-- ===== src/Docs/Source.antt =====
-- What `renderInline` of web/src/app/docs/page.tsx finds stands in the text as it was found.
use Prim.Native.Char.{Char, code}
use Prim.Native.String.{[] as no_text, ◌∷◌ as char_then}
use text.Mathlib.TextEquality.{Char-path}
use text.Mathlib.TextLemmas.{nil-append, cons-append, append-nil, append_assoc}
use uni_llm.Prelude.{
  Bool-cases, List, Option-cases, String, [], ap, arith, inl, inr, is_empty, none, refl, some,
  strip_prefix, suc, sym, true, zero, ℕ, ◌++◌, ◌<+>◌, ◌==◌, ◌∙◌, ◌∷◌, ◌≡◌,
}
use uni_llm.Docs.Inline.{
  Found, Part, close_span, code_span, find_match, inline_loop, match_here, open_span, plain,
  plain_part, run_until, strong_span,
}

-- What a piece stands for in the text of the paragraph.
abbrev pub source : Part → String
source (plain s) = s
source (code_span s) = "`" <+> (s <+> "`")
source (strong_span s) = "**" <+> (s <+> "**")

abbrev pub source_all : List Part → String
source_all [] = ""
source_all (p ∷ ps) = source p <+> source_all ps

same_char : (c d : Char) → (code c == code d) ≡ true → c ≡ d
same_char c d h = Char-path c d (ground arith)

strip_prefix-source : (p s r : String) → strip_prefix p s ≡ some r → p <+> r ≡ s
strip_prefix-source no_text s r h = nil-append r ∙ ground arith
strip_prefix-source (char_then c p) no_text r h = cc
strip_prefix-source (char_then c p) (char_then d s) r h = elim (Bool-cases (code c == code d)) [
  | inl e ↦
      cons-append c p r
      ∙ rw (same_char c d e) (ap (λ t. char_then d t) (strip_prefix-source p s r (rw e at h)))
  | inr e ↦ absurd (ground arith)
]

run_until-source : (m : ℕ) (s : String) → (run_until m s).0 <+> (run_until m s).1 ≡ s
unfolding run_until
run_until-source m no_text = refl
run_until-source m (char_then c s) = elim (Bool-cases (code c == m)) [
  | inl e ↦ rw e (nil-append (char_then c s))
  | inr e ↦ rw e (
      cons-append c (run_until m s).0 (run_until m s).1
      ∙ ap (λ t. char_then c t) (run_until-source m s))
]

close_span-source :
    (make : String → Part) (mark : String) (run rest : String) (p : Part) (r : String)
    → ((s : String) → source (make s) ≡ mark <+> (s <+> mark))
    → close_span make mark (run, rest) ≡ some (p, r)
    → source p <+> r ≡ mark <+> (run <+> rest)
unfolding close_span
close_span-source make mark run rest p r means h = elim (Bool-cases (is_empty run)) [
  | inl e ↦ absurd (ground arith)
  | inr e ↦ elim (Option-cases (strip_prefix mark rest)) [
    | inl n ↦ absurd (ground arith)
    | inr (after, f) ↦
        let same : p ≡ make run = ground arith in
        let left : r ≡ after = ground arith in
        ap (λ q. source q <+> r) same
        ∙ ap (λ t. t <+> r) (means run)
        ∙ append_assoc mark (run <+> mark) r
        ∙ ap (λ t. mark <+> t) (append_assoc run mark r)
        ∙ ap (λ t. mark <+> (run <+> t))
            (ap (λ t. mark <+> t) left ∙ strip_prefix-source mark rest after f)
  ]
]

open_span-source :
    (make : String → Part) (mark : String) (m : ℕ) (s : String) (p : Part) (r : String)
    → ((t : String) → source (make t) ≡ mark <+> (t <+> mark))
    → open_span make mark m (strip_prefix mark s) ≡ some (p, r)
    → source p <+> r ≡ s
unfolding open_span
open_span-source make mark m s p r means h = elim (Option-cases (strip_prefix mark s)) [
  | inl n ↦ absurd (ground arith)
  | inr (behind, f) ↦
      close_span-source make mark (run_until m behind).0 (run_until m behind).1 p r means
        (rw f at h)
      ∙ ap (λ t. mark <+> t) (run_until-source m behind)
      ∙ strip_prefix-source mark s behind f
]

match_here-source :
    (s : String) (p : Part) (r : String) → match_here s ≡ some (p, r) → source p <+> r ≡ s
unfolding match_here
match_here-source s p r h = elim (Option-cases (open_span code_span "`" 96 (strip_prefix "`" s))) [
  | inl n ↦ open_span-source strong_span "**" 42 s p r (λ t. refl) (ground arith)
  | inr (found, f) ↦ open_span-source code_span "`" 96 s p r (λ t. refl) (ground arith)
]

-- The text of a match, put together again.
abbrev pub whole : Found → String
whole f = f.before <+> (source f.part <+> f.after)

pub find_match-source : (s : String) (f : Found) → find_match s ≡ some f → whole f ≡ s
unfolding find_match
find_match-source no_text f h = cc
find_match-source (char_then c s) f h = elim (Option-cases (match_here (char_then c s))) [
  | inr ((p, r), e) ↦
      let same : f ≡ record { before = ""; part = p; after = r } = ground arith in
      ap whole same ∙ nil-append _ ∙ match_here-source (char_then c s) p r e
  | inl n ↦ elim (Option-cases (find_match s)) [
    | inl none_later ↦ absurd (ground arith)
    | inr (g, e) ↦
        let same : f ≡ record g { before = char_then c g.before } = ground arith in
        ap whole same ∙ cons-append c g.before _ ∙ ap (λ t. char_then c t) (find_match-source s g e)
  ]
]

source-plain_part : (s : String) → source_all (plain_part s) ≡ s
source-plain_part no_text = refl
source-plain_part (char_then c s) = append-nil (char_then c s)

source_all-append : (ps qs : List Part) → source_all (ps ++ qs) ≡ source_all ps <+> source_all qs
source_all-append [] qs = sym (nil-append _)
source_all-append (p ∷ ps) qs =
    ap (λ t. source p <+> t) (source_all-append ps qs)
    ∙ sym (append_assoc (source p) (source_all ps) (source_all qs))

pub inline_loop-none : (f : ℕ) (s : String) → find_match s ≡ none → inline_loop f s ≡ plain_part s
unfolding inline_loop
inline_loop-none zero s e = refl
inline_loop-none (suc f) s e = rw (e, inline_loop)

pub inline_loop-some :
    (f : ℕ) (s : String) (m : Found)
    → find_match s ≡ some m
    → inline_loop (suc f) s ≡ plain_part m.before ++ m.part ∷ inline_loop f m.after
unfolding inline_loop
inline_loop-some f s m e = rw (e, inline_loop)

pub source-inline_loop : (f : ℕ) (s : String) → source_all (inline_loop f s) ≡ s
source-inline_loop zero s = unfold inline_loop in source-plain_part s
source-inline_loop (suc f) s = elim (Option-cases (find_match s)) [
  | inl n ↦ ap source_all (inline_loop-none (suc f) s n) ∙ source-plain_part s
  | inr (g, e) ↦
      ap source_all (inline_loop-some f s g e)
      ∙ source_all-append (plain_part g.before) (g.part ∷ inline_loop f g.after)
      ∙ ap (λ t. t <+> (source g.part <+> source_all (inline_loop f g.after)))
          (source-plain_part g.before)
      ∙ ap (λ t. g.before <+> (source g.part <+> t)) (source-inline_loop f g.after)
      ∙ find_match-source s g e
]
########
#### ACTIVITY
From the entries above, extract only the lines running from the one containing "source (code_span s)" through the one containing "(rw e at h)))", inclusive.

#### WRITTEN ANSWER
source (code_span s) = "`" <+> (s <+> "`")
source (strong_span s) = "**" <+> (s <+> "**")

abbrev pub source_all : List Part → String
source_all [] = ""
source_all (p ∷ ps) = source p <+> source_all ps

same_char : (c d : Char) → (code c == code d) ≡ true → c ≡ d
same_char c d h = Char-path c d (ground arith)

strip_prefix-source : (p s r : String) → strip_prefix p s ≡ some r → p <+> r ≡ s
strip_prefix-source no_text s r h = nil-append r ∙ ground arith
strip_prefix-source (char_then c p) no_text r h = cc
strip_prefix-source (char_then c p) (char_then d s) r h = elim (Bool-cases (code c == code d)) [
  | inl e ↦
      cons-append c p r
      ∙ rw (same_char c d e) (ap (λ t. char_then d t) (strip_prefix-source p s r (rw e at h)))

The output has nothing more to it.